» **WORK TO BE COMPLETED**: Starting at the line that contains "-- from our", output each line through the end of the data exactly, and nothing more.

══════════

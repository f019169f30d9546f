-- ===== src/Connect/Sound.antt =====
-- Every handler of the content script keeps the session's invariant.
use lortnoc_tahc.Base.{
  inl, inr, Bool, true, false, Option, none, some, List, Option-cases, if_cases, Bytes, not, ◌&&◌,
  arith,
}
use lortnoc_tahc.Frame.{FrameType, offer, ack, Frame, parse_frame}
use lortnoc_tahc.Keys.{Crypto, try_decrypt}
use lortnoc_tahc.Session.{Session, is_mine, is_peer, is_established, already_handled}
use lortnoc_tahc.Session.Laws.{
  IsSound, offering, acked, accepting, seen, cleared, forgotten, Step-IsSound,
}
use lortnoc_tahc.Connect.{
  World, Content, Effect, is_offered, is_offer, handle_frame, send_offer, finish_offer,
  establish_from_offer, establish_from_ack, act_on_frame, tap_invite, answer_timeout, disconnect,
  note_tag_failure, DecodeReply, thrown, failed, decoded, open_message, on_bytes, on_decode,
}

module _ (c : Crypto) where
  abbrev pub Sound : Content → Type 0
  Sound s = IsSound c s.session

  abbrev Keeps : Content × List Effect → Type 0
  Keeps r = IsSound c r.0.session

  module _ (w : World) where
    send_offer-Sound : (s : Content) → Sound s → Sound (send_offer c w s).0
    unfolding send_offer
    send_offer-Sound s v =
        if_cases Keeps (is_established s.session.status) (λ _. v)
          λ unset.
            let kept = Step-IsSound c (offering s.session w.random (λ e. ground arith)) v in
            if_cases Keeps _ (λ _. kept) (λ _. kept)

    finish_offer-Sound :
        (s : Content) (session : Session) (frame : Option Bytes)
        → IsSound c session
        → Sound (finish_offer c w s session frame).0
    unfolding finish_offer
    finish_offer-Sound s session none v = v
    finish_offer-Sound s session (some frame) v = v

    establish_from_offer-Sound :
        (s : Content) (pubkey : Bytes) → Sound s → Sound (establish_from_offer c w s pubkey).0
    unfolding establish_from_offer
    establish_from_offer-Sound s pubkey v =
        finish_offer-Sound s _ _ (Step-IsSound c (accepting s.session w.random pubkey) v)

    act_on_frame-Sound :
        (s : Content) (type : FrameType) (pubkey : Bytes)
        → Sound s
        → Sound (act_on_frame c w s type pubkey).0
    unfolding act_on_frame establish_from_ack
    act_on_frame-Sound s ack pubkey v =
        let kept = Step-IsSound c (acked s.session w.random pubkey) v in
        if_cases Keeps (c.low_order pubkey) (λ _. kept) (λ _. kept)
    act_on_frame-Sound s offer pubkey v =
        if_cases Keeps (is_offered s.session.status) (λ _. establish_from_offer-Sound s pubkey v)
          (λ _. v)

    handle_frame-Sound :
        (s : Content) (type : FrameType) (pubkey : Bytes)
        → Sound s
        → Sound (handle_frame c w s type pubkey).0
    unfolding handle_frame
    handle_frame-Sound s type pubkey v =
        if_cases Keeps (is_mine s.session pubkey) (λ _. v)
          λ _.
            if_cases Keeps (is_established s.session.status)
              (λ _.
                if_cases Keeps (is_offer type && not (is_peer s.session pubkey))
                  (λ _. establish_from_offer-Sound _ pubkey (Step-IsSound c (cleared s.session) v))
                  (λ _. v))
              λ _.
                if_cases Keeps (already_handled s.session type pubkey).1 (λ _. v)
                  (λ _.
                    act_on_frame-Sound _ type pubkey
                      (Step-IsSound c (seen s.session type pubkey) v))

    tap_invite-Sound : (s : Content) (pubkey : Bytes) → Sound s → Sound (tap_invite c w s pubkey).0
    unfolding tap_invite
    tap_invite-Sound s pubkey v = establish_from_offer-Sound _ pubkey v

    note_tag_failure-Sound : (s : Content) → Sound s → Sound (note_tag_failure s).0
    unfolding note_tag_failure
    note_tag_failure-Sound s v = if_cases Keeps _ (λ _. v) (λ _. v)

    open_message-Sound :
        (s : Content) (bytes : Bytes) (key : Option Bytes)
        → Sound s
        → Sound (open_message c w s bytes key).0
    unfolding open_message
    open_message-Sound s bytes none v = v
    open_message-Sound s bytes (some key) v = elim (Option-cases (try_decrypt c key bytes)) [
      | inl e ↦ rw (e, open_message) (note_tag_failure-Sound s v)
      | inr (text, e) ↦ rw (e, open_message) v
    ]

    on_bytes-Sound :
        (s : Content) (bytes : Bytes) (frame : Option Frame) (old : Bool)
        → Sound s
        → Sound (on_bytes c w s bytes frame old).0
    unfolding on_bytes
    on_bytes-Sound s bytes none old v = open_message-Sound s bytes s.session.conv_key v
    on_bytes-Sound s bytes (some frame) true v = v
    on_bytes-Sound s bytes (some frame) false v = handle_frame-Sound s frame.type frame.pubkey v

    on_decode-Sound :
        (s : Content) (reply : DecodeReply) (old : Bool)
        → Sound s
        → Sound (on_decode c w s reply old).0
    unfolding on_decode
    on_decode-Sound s thrown old v = v
    on_decode-Sound s (failed error) old v = v
    on_decode-Sound s (decoded bytes) old v = on_bytes-Sound s bytes (parse_frame bytes) old v

  answer_timeout-Sound : (s : Content) → Sound s → Sound (answer_timeout s).0
  unfolding answer_timeout
  answer_timeout-Sound s v = if_cases Keeps _ (λ _. v) (λ _. v)

  -- Where a handler waits on the codec its session is changed, and the watch and the counters are not
  -- yet.
  abbrev pub at_wait : Content → Content → Content
  at_wait s t = record t {
    answer_watch = s.answer_watch;
    tag_failures = s.tag_failures;
    mismatch_warned = s.mismatch_warned;
  }

  -- One turn of the content script, in whatever world it runs. A handler may stop at its wait, other
  -- turns come in, and `establishFromOffer` or `sendOffer` goes on after them.
  pub data Turn : Content → Content → Type 0 where
    connects : (w : World) (s : Content) → Turn s (send_offer c w s).0
    reads :
        (w : World) (s : Content) (reply : DecodeReply) (from_history : Bool)
        → Turn s (on_decode c w s reply from_history).0
    taps : (w : World) (s : Content) (pubkey : Bytes) → Turn s (tap_invite c w s pubkey).0
    waits : (s : Content) → Turn s (answer_timeout s).0
    disconnects : (s : Content) → Turn s (disconnect s)
    stops : {s t : Content} → Turn s t → Turn s (at_wait s t)
    goes_on :
        (s : Content)
        → Turn s (record s { answer_watch = false; tag_failures = 0; mismatch_warned = false })
    watches : (s : Content) → Turn s (record s { answer_watch = true })

  pub data Run (s : Content) : Content → Type 0 where
    here : Run s s
    next : {t u : Content} → Run s t → Turn t u → Run s u

  pub Turn-Sound : {s t : Content} → Turn s t → Sound s → Sound t
  unfolding disconnect
  Turn-Sound (connects w s) v = send_offer-Sound w s v
  Turn-Sound (reads w s reply old) v = on_decode-Sound w s reply old v
  Turn-Sound (taps w s pubkey) v = tap_invite-Sound w s pubkey v
  Turn-Sound (waits s) v = answer_timeout-Sound s v
  Turn-Sound (disconnects s) v = Step-IsSound c (forgotten s.session) v
  Turn-Sound (stops turn) v = Turn-Sound turn v
  Turn-Sound (goes_on s) v = v
  Turn-Sound (watches s) v = v

  -- Three facts are kept by any number of turns, whatever the codec replies and whatever the chat
  -- shows, with other turns at each wait of a handler on the codec: there is a conversation key exactly when the session is established; it is the one derived
  -- from our private key and a peer key, which is the recorded peer key unless that one is of low
  -- order; and our public key belongs to our private key.
  pub Run-Sound : {s t : Content} → Run s t → Sound s → Sound t
  Run-Sound here v = v
  Run-Sound (next r turn) v = Turn-Sound turn (Run-Sound r v)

══════════

» **SOLUTION BELOW**:
  -- from our private key and a peer key, which is the recorded peer key unless that one is of low
  -- order; and our public key belongs to our private key.
  pub Run-Sound : {s t : Content} → Run s t → Sound s → Sound t
  Run-Sound here v = v
  Run-Sound (next r turn) v = Turn-Sound turn (Run-Sound r v)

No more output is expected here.